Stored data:

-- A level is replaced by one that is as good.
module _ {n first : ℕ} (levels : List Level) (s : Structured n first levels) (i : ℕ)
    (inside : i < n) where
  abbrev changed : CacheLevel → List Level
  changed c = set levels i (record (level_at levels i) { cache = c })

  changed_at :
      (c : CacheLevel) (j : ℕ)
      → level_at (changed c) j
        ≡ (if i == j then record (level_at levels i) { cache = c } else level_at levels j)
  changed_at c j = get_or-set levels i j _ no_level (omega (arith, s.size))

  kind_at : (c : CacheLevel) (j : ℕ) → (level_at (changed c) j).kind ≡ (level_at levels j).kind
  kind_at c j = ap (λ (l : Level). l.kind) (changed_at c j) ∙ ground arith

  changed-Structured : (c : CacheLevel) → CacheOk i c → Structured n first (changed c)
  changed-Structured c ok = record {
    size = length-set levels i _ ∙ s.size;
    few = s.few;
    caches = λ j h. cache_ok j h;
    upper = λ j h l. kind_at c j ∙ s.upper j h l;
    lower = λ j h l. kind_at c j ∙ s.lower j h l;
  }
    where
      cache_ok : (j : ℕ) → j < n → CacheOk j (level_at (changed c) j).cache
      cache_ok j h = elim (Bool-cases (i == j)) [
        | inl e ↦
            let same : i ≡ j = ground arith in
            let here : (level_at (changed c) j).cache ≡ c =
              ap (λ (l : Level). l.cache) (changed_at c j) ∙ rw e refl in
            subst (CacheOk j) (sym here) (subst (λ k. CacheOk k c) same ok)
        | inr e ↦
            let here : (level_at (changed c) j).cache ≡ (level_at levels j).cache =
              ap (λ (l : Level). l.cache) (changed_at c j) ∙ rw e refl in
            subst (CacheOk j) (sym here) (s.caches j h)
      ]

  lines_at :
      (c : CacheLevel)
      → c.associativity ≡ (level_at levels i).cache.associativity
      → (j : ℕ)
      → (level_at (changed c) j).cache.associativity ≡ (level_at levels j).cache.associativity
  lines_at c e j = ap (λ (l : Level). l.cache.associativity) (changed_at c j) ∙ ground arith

> [EXERCISE] Give back every entry, unchanged in any way.

> [EXERCISE OUTPUT]
-- A level is replaced by one that is as good.
module _ {n first : ℕ} (levels : List Level) (s : Structured n first levels) (i : ℕ)
    (inside : i < n) where
  abbrev changed : CacheLevel → List Level
  changed c = set levels i (record (level_at levels i) { cache = c })

  changed_at :
      (c : CacheLevel) (j : ℕ)
      → level_at (changed c) j
        ≡ (if i == j then record (level_at levels i) { cache = c } else level_at levels j)
  changed_at c j = get_or-set levels i j _ no_level (omega (arith, s.size))

  kind_at : (c : CacheLevel) (j : ℕ) → (level_at (changed c) j).kind ≡ (level_at levels j).kind
  kind_at c j = ap (λ (l : Level). l.kind) (changed_at c j) ∙ ground arith

  changed-Structured : (c : CacheLevel) → CacheOk i c → Structured n first (changed c)
  changed-Structured c ok = record {
    size = length-set levels i _ ∙ s.size;
    few = s.few;
    caches = λ j h. cache_ok j h;
    upper = λ j h l. kind_at c j ∙ s.upper j h l;
    lower = λ j h l. kind_at c j ∙ s.lower j h l;
  }
    where
      cache_ok : (j : ℕ) → j < n → CacheOk j (level_at (changed c) j).cache
      cache_ok j h = elim (Bool-cases (i == j)) [
        | inl e ↦
            let same : i ≡ j = ground arith in
            let here : (level_at (changed c) j).cache ≡ c =
              ap (λ (l : Level). l.cache) (changed_at c j) ∙ rw e refl in
            subst (CacheOk j) (sym here) (subst (λ k. CacheOk k c) same ok)
        | inr e ↦
            let here : (level_at (changed c) j).cache ≡ (level_at levels j).cache =
              ap (λ (l : Level). l.cache) (changed_at c j) ∙ rw e refl in
            subst (CacheOk j) (sym here) (s.caches j h)
      ]

  lines_at :
      (c : CacheLevel)
      → c.associativity ≡ (level_at levels i).cache.associativity
      → (j : ℕ)
      → (level_at (changed c) j).cache.associativity ≡ (level_at levels j).cache.associativity
  lines_at c e j = ap (λ (l : Level). l.cache.associativity) (changed_at c j) ∙ ground arith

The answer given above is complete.